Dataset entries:
Content starts
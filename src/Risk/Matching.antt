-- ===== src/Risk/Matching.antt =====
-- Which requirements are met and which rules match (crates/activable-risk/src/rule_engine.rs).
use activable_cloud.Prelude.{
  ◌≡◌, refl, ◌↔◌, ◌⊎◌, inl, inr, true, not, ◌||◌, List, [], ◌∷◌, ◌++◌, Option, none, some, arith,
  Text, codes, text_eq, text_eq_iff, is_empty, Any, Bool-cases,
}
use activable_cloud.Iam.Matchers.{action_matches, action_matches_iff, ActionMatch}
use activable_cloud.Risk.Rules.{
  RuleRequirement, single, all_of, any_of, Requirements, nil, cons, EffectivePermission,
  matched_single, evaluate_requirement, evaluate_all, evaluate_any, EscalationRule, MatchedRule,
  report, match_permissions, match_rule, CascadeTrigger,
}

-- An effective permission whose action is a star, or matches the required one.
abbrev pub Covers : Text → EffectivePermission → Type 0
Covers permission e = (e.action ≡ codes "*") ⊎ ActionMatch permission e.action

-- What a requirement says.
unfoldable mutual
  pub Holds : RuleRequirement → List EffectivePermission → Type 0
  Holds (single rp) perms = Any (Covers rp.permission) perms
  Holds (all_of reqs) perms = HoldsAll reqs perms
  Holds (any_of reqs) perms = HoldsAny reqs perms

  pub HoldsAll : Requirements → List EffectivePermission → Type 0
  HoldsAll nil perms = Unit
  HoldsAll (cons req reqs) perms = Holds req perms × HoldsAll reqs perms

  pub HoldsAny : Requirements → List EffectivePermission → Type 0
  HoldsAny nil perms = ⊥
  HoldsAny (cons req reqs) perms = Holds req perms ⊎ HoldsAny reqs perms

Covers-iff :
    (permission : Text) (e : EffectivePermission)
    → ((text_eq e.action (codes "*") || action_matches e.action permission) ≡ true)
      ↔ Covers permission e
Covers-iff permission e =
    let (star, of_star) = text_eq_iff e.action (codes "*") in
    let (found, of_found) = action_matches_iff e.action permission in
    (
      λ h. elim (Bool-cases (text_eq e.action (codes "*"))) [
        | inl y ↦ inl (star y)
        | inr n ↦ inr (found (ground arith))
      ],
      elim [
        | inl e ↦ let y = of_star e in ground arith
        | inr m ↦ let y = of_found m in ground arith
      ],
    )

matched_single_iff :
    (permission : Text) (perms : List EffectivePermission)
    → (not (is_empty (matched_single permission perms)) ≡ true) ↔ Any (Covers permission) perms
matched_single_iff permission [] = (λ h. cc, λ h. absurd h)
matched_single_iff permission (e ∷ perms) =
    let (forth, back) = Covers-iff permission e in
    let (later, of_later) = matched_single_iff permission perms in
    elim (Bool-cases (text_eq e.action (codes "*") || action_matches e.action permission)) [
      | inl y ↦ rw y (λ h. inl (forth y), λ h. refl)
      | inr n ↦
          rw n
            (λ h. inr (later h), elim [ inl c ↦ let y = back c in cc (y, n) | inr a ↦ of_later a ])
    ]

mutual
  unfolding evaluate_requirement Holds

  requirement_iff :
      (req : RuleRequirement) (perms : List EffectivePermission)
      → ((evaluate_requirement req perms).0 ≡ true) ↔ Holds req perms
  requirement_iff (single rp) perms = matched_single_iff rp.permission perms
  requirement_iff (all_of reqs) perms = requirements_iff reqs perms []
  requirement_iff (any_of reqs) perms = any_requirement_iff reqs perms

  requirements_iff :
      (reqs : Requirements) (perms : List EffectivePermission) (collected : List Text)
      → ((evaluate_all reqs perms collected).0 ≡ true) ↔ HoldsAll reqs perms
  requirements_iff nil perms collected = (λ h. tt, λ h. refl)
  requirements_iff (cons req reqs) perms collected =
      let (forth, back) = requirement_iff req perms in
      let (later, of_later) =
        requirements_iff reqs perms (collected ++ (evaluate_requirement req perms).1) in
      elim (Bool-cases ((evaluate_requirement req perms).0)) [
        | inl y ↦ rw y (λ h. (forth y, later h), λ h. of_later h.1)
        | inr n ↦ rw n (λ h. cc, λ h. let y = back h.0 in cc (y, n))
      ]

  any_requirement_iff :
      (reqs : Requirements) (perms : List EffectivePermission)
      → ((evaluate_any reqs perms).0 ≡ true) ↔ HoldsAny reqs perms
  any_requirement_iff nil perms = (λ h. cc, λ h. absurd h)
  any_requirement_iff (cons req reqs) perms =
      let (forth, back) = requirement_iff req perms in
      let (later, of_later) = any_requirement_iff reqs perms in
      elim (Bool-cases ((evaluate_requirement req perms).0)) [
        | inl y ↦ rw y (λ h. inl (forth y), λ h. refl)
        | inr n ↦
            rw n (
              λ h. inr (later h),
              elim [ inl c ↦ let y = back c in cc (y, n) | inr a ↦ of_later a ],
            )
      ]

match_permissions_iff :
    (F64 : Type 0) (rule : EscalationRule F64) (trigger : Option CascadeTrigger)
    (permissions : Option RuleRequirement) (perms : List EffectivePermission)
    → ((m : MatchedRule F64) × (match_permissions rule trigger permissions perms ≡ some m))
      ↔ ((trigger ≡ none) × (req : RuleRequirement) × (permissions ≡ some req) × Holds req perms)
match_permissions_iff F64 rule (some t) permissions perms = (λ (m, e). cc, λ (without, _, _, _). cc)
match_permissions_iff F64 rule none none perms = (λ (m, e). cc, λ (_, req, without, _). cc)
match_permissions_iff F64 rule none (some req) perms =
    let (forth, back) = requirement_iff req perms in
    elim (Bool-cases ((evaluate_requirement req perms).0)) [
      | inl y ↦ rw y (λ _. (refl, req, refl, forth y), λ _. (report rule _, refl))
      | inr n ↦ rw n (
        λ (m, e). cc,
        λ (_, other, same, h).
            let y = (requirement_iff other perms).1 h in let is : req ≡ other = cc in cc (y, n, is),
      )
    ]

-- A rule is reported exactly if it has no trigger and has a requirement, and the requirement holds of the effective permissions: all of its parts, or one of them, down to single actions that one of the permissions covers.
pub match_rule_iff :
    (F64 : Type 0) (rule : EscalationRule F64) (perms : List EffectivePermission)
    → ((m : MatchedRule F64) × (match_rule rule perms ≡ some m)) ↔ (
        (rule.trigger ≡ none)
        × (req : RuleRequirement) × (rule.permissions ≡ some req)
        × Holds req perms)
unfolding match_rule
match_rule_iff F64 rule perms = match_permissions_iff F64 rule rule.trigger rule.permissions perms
Content ends
DIRECTIONS:
Give the data again. Keep every line identical.

TASK SOLUTION:
filename src/Risk/Matching.antt
-- ===== src/Risk/Matching.antt =====
-- Which requirements are met and which rules match (crates/activable-risk/src/rule_engine.rs).
use activable_cloud.Prelude.{
  ◌≡◌, refl, ◌↔◌, ◌⊎◌, inl, inr, true, not, ◌||◌, List, [], ◌∷◌, ◌++◌, Option, none, some, arith,
  Text, codes, text_eq, text_eq_iff, is_empty, Any, Bool-cases,
}
use activable_cloud.Iam.Matchers.{action_matches, action_matches_iff, ActionMatch}
use activable_cloud.Risk.Rules.{
  RuleRequirement, single, all_of, any_of, Requirements, nil, cons, EffectivePermission,
  matched_single, evaluate_requirement, evaluate_all, evaluate_any, EscalationRule, MatchedRule,
  report, match_permissions, match_rule, CascadeTrigger,
}

-- An effective permission whose action is a star, or matches the required one.
abbrev pub Covers : Text → EffectivePermission → Type 0
Covers permission e = (e.action ≡ codes "*") ⊎ ActionMatch permission e.action

-- What a requirement says.
unfoldable mutual
  pub Holds : RuleRequirement → List EffectivePermission → Type 0
  Holds (single rp) perms = Any (Covers rp.permission) perms
  Holds (all_of reqs) perms = HoldsAll reqs perms
  Holds (any_of reqs) perms = HoldsAny reqs perms

  pub HoldsAll : Requirements → List EffectivePermission → Type 0
  HoldsAll nil perms = Unit
  HoldsAll (cons req reqs) perms = Holds req perms × HoldsAll reqs perms

  pub HoldsAny : Requirements → List EffectivePermission → Type 0
  HoldsAny nil perms = ⊥
  HoldsAny (cons req reqs) perms = Holds req perms ⊎ HoldsAny reqs perms

Covers-iff :
    (permission : Text) (e : EffectivePermission)
    → ((text_eq e.action (codes "*") || action_matches e.action permission) ≡ true)
      ↔ Covers permission e
Covers-iff permission e =
    let (star, of_star) = text_eq_iff e.action (codes "*") in
    let (found, of_found) = action_matches_iff e.action permission in
    (
      λ h. elim (Bool-cases (text_eq e.action (codes "*"))) [
        | inl y ↦ inl (star y)
        | inr n ↦ inr (found (ground arith))
      ],
      elim [
        | inl e ↦ let y = of_star e in ground arith
        | inr m ↦ let y = of_found m in ground arith
      ],
    )

matched_single_iff :
    (permission : Text) (perms : List EffectivePermission)
    → (not (is_empty (matched_single permission perms)) ≡ true) ↔ Any (Covers permission) perms
matched_single_iff permission [] = (λ h. cc, λ h. absurd h)
matched_single_iff permission (e ∷ perms) =
    let (forth, back) = Covers-iff permission e in
    let (later, of_later) = matched_single_iff permission perms in
    elim (Bool-cases (text_eq e.action (codes "*") || action_matches e.action permission)) [
      | inl y ↦ rw y (λ h. inl (forth y), λ h. refl)
      | inr n ↦
          rw n
            (λ h. inr (later h), elim [ inl c ↦ let y = back c in cc (y, n) | inr a ↦ of_later a ])
    ]

mutual
  unfolding evaluate_requirement Holds

  requirement_iff :
      (req : RuleRequirement) (perms : List EffectivePermission)
      → ((evaluate_requirement req perms).0 ≡ true) ↔ Holds req perms
  requirement_iff (single rp) perms = matched_single_iff rp.permission perms
  requirement_iff (all_of reqs) perms = requirements_iff reqs perms []
  requirement_iff (any_of reqs) perms = any_requirement_iff reqs perms

  requirements_iff :
      (reqs : Requirements) (perms : List EffectivePermission) (collected : List Text)
      → ((evaluate_all reqs perms collected).0 ≡ true) ↔ HoldsAll reqs perms
  requirements_iff nil perms collected = (λ h. tt, λ h. refl)
  requirements_iff (cons req reqs) perms collected =
      let (forth, back) = requirement_iff req perms in
      let (later, of_later) =
        requirements_iff reqs perms (collected ++ (evaluate_requirement req perms).1) in
      elim (Bool-cases ((evaluate_requirement req perms).0)) [
        | inl y ↦ rw y (λ h. (forth y, later h), λ h. of_later h.1)
        | inr n ↦ rw n (λ h. cc, λ h. let y = back h.0 in cc (y, n))
      ]

  any_requirement_iff :
      (reqs : Requirements) (perms : List EffectivePermission)
      → ((evaluate_any reqs perms).0 ≡ true) ↔ HoldsAny reqs perms
  any_requirement_iff nil perms = (λ h. cc, λ h. absurd h)
  any_requirement_iff (cons req reqs) perms =
      let (forth, back) = requirement_iff req perms in
      let (later, of_later) = any_requirement_iff reqs perms in
      elim (Bool-cases ((evaluate_requirement req perms).0)) [
        | inl y ↦ rw y (λ h. inl (forth y), λ h. refl)
        | inr n ↦
            rw n (
              λ h. inr (later h),
              elim [ inl c ↦ let y = back c in cc (y, n) | inr a ↦ of_later a ],
            )
      ]

match_permissions_iff :
    (F64 : Type 0) (rule : EscalationRule F64) (trigger : Option CascadeTrigger)
    (permissions : Option RuleRequirement) (perms : List EffectivePermission)
    → ((m : MatchedRule F64) × (match_permissions rule trigger permissions perms ≡ some m))
      ↔ ((trigger ≡ none) × (req : RuleRequirement) × (permissions ≡ some req) × Holds req perms)
match_permissions_iff F64 rule (some t) permissions perms = (λ (m, e). cc, λ (without, _, _, _). cc)
match_permissions_iff F64 rule none none perms = (λ (m, e). cc, λ (_, req, without, _). cc)
match_permissions_iff F64 rule none (some req) perms =
    let (forth, back) = requirement_iff req perms in
    elim (Bool-cases ((evaluate_requirement req perms).0)) [
      | inl y ↦ rw y (λ _. (refl, req, refl, forth y), λ _. (report rule _, refl))
      | inr n ↦ rw n (
        λ (m, e). cc,
        λ (_, other, same, h).
            let y = (requirement_iff other perms).1 h in let is : req ≡ other = cc in cc (y, n, is),
      )
    ]

-- A rule is reported exactly if it has no trigger and has a requirement, and the requirement holds of the effective permissions: all of its parts, or one of them, down to single actions that one of the permissions covers.
pub match_rule_iff :
    (F64 : Type 0) (rule : EscalationRule F64) (perms : List EffectivePermission)
    → ((m : MatchedRule F64) × (match_rule rule perms ≡ some m)) ↔ (
        (rule.trigger ≡ none)
        × (req : RuleRequirement) × (rule.permissions ≡ some req)
        × Holds req perms)
unfolding match_rule
match_rule_iff F64 rule perms = match_permissions_iff F64 rule rule.trigger rule.permissions perms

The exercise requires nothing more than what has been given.